I have used the Library Bar in the Russell Court Hotel in Harcourt St, a few times
for parties. A very nice private room and good finger food.


----------



## paddyc (19 Oct 2005)

We recently had a work party in the Russell Court, we had thr whole courtyard to ourselves and had a bbq there .... they have heaters out there but might be a too wet and cold at this time of year


----------



## Cahir (19 Oct 2005)

Thanks, I'll mention thr Russell Court to her but I think the plan is to have a section of a pub rather than a completely private room as it's going to be quite casual.


----------



## Leo (19 Oct 2005)

Doheny & Nesbitt on Baggot St. have a three rooms upstairs, two on the first floor which can be used together if the crowd is big enough. Toners across the road have a room upstairs as well. Other options are the Gingerman on Fenian Street, O'Neills on Pearse St. will cordon an area off. For something a little more upmarket, the Vaults at Connolly station have a number of rooms/areas they cordon off for groups. 

Used to organise quite a few things for the social club here in work, and have used all the above, and the Russell Court. If you're bringing a large group, most of these will give you the room free, but may require a deposit. On the fingerfood, my experience is that ordering X portions for X people is never enough unless people will have eaten beforehand, i.e., not coming straight from work. If you're booking the venue well in advance, make sure you call back to ensure they still have the booking. 

Enjoy,
Leo


----------



## CCOVICH (19 Oct 2005)

MacTurcaills and The Long Stone will cordon areas off for a party, and the platters are quite reasonably priced (and good IMHO).  Convenient for both northsiders and southsiders, and to the DART.


----------



## Dunners (19 Oct 2005)

O'Dwyers on Mount St is a great central location & has been completely redone recently. You can either reserve a section or else the function room on the bottom floor.  Decor is nice and it's busy, but not as crammed or poseur-ish as cafe en seine etc. It has a late license at weekends. We had a 30th there recently and had a great night!


----------



## CCOVICH (19 Oct 2005)

It's now called La Dolce Vita


----------



## Cahir (19 Oct 2005)

Thanks - lots of good ideas there, I'll pass them on.


----------



## Janet (19 Oct 2005)

Dunners said:
			
		

> O'Dwyers on Mount St is a great central location & has been completely redone recently. You can either reserve a section or else the function room on the bottom floor.  Decor is nice and it's busy, but not as crammed or poseur-ish as cafe en seine etc. It has a late license at weekends.

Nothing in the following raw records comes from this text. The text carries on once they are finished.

-- ===== src/Ops/Cmp.antt =====
-- lib/Clam/CfgBuilder.cc: visitCmpInst, a comparison that is an operand of other instructions.
use clam.Prelude.{
  ℕ, Bool, true, false, not, ◌&&◌, ◌||◌, List, [], ◌∷◌, ◌++◌, map, Option, none, some,
  if◌then◌else◌,
}
use clam.Llvm.{Predicate, icmp_eq, icmp_ne, Icmp}
use clam.Lit.Values.{
  Value, Params, Var, VarFactory, is_bool, is_integer_type, is_reference, is_tracked_type,
}
use clam.Lit.Consts.{ApInt}
use clam.Lit.Literal.{Checked, ok, clam_error, Lit, get_var}
use clam.Lit.Factory.{Factory, get_lit}
use clam.Compare.Crab.{CstTests}
use clam.Compare.Crab as Cst
use clam.Compare.Insts.{CmpInst, cmp_inst_to_crab_bool}
use clam.Ir.{RefCst, Stmt, bool_xor, bool_copy, bool_ref, comparison, IntOps}
use clam.Uses.{
  Users, all_uses_are_br_inst, all_uses_are_br_or_int_select_cond_inst, no_verifier_call,
}
use clam.Ops.Binary.{havoc_of, do_bool_logic_op}
use clam.Ops.Refs.{cmp_inst_to_crab_ref}

-- `skip_translation` is the answer of the optimizer of verifier calls.
module _ (o : IntOps) {half : ℕ} (m : Icmp half) (f : VarFactory) (value_at : ℕ → Value)
    (ap : (w : ℕ) → ApInt w) (content_width : ℕ → ℕ) (params : Params) (tests : CstTests)
    (negate : RefCst → RefCst) (uses_of : ℕ → Users) (skip_translation : ℕ → Bool) where
  open f use {State}

  abbrev Block : Type 0
  Block = Checked (List Stmt × Factory State)

  abbrev unknown : Var → Factory State → Block
  unknown lhs fac = ok (havoc_of o f value_at ap content_width params lhs, fac)

  abbrev assign_ref : Var → Checked (Option RefCst × Factory State) → Block
  assign_ref lhs (ok (some c, fac)) = ok (bool_ref lhs c ∷ [], fac)
  assign_ref lhs (ok (none, fac)) = unknown lhs fac
  assign_ref lhs clam_error = clam_error

  abbrev assign_bools : Checked (List Cst.Stmt × Factory State) → Block
  assign_bools (ok (block, fac)) = ok (map comparison block, fac)
  assign_bools clam_error = clam_error

  abbrev pub assign_negated : Var → Checked (Var × List Stmt × Factory State) → Block
  assign_negated lhs (ok (tmp, block, fac)) = ok (block ++ (bool_copy lhs tmp true ∷ []), fac)
  assign_negated lhs clam_error = clam_error

  abbrev pub assign_directly : Checked (Var × List Stmt × Factory State) → Block
  assign_directly (ok (x, block, fac)) = ok (block, fac)
  assign_directly clam_error = clam_error

  -- Of two Booleans; the other predicates are skipped with a warning.
  unfoldable pub compare_bools : Predicate → CmpInst → Lit → Var → Factory State → Block
  unfolding do_bool_logic_op
  compare_bools icmp_eq i l lhs fac =
      assign_negated lhs
        (do_bool_logic_op o f value_at ap content_width params bool_xor none i.v0 i.v1 fac)
  compare_bools icmp_ne i l lhs fac =
      assign_directly
        (do_bool_logic_op o f value_at ap content_width params bool_xor (some l) i.v0 i.v1 fac)
  compare_bools _ i l lhs fac = ok ([], fac)

  unfoldable pub compare_refs : CmpInst → Var → Factory State → Block
  unfolding cmp_inst_to_crab_ref all_uses_are_br_inst
  compare_refs i lhs fac =
      if all_uses_are_br_inst (uses_of i.self) || skip_translation i.self
      then ok ([], fac)
      else assign_ref lhs
          (cmp_inst_to_crab_ref negate m f value_at ap content_width params i false fac)

  unfoldable pub compare_ints : CmpInst → Factory State → Block
  unfolding cmp_inst_to_crab_bool all_uses_are_br_or_int_select_cond_inst no_verifier_call
  compare_ints i fac =
      if all_uses_are_br_or_int_select_cond_inst params no_verifier_call (uses_of i.self)
        || skip_translation i.self
      then ok ([], fac)
      else assign_bools (
          cmp_inst_to_crab_bool m f value_at ap content_width params tests i
            params.lower_unsigned_icmp fac)

  unfoldable pub compare_values : CmpInst → Lit → Var → Factory State → Block
  unfolding compare_bools compare_refs compare_ints is_bool is_integer_type is_reference
  compare_values i l lhs fac =
      let t0 = (value_at i.v0).type in
      let t1 = (value_at i.v1).type in
      if is_reference t0 params && is_reference t1 params
      then compare_refs i lhs fac
      else (if not (is_integer_type t0) || not (is_integer_type t1)
          then unknown lhs fac
          else (if is_bool t0 && is_bool t1
              then compare_bools i.pred i l lhs fac
              else compare_ints i fac))

  unfoldable pub compare_into : CmpInst → Option Lit × Factory State → Block
  unfolding compare_values get_var
  compare_into i (none, fac) = clam_error
  compare_into i (some l, fac) = elim (get_var l) [
    | none ↦ clam_error
    | some lhs ↦ compare_values i l lhs fac
  ]

  unfoldable pub visit_cmp_inst : CmpInst → Factory State → Block
  unfolding compare_into is_tracked_type
  visit_cmp_inst i fac =
      if not (is_tracked_type (value_at i.self).type params)
      then ok ([], fac)
      else compare_into i (get_lit f value_at ap content_width params i.self true fac)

We had a 30th there recently and had a great night!



The bottom floor can be reserved but it also becomes the late night disco part after 11.30 I think and your party will be invaded by everyone else in the place who want to stay late - you should double check this with them.


----------



## Cahir (19 Oct 2005)

Janet said:
			
		

> The bottom floor can be reserved but it also becomes the late night disco part after 11.30 I think and your party will be invaded by everyone else in the place who want to stay late - you should double check this with them.



To be honest, I can't see her choosing O'Dwyers as it's a bit of a hike from town in a pair of heels so no need to worry!!


----------



## car (19 Oct 2005)

The hairy lemon serve some decent finger food and will reserve an area upstairs for you which sounds like what you want.


----------



## Cahir (19 Oct 2005)

car said:
			
		

> The hairy lemon serve some decent finger food and will reserve an area upstairs for you which sounds like what you want.




That's where I suggested because it's one of my favourites but unfortunately she doesn't think some of her friends would go there as they don't like it.


----------